» About this exercise:
Restate the data that follows exactly as it stands, beginning with the first line and ending with the line that contains "num_in_blk-eq : inode_num_in_blk n ≡ n % 16".

*** Opening Input for this task ***

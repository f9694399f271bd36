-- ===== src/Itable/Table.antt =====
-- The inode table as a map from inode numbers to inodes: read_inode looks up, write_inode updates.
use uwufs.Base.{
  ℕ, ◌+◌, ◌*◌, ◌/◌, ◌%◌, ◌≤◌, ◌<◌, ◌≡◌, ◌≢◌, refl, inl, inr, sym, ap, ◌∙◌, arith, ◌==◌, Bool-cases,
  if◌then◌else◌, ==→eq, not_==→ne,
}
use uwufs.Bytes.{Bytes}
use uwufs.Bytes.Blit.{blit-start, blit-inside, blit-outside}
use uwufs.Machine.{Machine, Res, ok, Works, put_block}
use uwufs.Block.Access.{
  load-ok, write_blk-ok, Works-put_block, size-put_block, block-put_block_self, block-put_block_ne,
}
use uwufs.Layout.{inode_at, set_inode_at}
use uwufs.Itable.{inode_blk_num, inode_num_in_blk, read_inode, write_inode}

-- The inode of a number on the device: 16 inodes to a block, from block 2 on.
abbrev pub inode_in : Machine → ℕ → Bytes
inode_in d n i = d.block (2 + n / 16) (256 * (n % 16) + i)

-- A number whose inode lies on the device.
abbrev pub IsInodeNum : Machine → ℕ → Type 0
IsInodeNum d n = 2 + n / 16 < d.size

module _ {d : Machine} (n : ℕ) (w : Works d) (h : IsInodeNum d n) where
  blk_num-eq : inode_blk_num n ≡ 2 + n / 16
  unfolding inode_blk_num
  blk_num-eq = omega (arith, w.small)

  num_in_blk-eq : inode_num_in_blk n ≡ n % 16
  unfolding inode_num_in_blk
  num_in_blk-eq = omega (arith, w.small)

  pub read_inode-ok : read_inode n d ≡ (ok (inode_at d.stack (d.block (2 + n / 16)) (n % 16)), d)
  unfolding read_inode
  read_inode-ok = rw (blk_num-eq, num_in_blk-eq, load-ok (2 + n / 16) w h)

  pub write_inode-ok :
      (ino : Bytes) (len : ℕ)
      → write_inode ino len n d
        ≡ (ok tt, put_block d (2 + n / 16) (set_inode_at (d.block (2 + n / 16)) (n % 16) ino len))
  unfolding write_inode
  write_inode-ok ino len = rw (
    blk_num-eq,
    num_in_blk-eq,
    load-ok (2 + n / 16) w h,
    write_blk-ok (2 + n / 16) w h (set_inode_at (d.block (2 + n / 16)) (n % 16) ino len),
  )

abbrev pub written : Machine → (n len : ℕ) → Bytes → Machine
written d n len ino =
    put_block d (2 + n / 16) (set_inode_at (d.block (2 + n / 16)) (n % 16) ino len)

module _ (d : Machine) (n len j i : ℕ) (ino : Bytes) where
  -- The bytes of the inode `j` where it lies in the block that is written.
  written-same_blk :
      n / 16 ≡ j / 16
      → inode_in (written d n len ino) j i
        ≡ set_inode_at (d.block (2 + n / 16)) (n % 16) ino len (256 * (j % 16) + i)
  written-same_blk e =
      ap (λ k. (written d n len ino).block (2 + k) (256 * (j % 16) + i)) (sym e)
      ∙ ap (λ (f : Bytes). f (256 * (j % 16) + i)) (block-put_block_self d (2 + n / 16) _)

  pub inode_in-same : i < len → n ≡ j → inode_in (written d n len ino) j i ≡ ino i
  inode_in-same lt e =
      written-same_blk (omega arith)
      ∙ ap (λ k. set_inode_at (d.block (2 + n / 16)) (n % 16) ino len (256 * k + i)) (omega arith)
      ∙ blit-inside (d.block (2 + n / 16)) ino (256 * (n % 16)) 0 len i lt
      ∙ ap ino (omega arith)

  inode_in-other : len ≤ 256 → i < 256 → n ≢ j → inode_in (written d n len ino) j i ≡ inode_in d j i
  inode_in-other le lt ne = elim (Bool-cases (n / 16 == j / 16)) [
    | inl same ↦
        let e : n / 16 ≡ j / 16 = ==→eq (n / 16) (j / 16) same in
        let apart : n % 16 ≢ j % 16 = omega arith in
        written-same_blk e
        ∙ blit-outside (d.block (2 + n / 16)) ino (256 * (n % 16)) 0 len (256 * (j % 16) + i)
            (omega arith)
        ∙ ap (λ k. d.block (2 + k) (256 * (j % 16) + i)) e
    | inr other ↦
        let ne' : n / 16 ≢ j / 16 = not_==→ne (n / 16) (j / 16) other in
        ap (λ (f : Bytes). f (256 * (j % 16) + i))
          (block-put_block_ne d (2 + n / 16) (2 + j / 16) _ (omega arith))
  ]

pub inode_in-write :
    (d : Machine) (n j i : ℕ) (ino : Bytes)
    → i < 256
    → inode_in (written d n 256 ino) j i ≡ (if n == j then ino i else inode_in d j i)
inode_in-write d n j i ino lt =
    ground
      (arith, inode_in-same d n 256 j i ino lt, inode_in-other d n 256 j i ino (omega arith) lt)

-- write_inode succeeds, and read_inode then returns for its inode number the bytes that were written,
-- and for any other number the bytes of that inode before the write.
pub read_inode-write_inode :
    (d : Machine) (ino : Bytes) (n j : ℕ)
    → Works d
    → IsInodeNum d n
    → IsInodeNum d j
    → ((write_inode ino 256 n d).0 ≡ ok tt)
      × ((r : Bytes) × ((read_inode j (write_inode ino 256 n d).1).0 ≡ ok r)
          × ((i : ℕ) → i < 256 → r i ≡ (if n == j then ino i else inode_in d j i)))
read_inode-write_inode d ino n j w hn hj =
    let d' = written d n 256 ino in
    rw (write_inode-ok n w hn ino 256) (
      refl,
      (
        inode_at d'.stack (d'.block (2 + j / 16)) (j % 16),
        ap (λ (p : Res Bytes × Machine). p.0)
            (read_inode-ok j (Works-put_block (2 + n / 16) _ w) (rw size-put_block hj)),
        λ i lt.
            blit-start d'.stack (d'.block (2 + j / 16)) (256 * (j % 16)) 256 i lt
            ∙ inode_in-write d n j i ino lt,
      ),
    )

*** Closing Input for this task ***

» Solved exercise:
repository f9694399f271bd36
-- ===== src/Itable/Table.antt =====
-- The inode table as a map from inode numbers to inodes: read_inode looks up, write_inode updates.
use uwufs.Base.{
  ℕ, ◌+◌, ◌*◌, ◌/◌, ◌%◌, ◌≤◌, ◌<◌, ◌≡◌, ◌≢◌, refl, inl, inr, sym, ap, ◌∙◌, arith, ◌==◌, Bool-cases,
  if◌then◌else◌, ==→eq, not_==→ne,
}
use uwufs.Bytes.{Bytes}
use uwufs.Bytes.Blit.{blit-start, blit-inside, blit-outside}
use uwufs.Machine.{Machine, Res, ok, Works, put_block}
use uwufs.Block.Access.{
  load-ok, write_blk-ok, Works-put_block, size-put_block, block-put_block_self, block-put_block_ne,
}
use uwufs.Layout.{inode_at, set_inode_at}
use uwufs.Itable.{inode_blk_num, inode_num_in_blk, read_inode, write_inode}

-- The inode of a number on the device: 16 inodes to a block, from block 2 on.
abbrev pub inode_in : Machine → ℕ → Bytes
inode_in d n i = d.block (2 + n / 16) (256 * (n % 16) + i)

-- A number whose inode lies on the device.
abbrev pub IsInodeNum : Machine → ℕ → Type 0
IsInodeNum d n = 2 + n / 16 < d.size

module _ {d : Machine} (n : ℕ) (w : Works d) (h : IsInodeNum d n) where
  blk_num-eq : inode_blk_num n ≡ 2 + n / 16
  unfolding inode_blk_num
  blk_num-eq = omega (arith, w.small)

  num_in_blk-eq : inode_num_in_blk n ≡ n % 16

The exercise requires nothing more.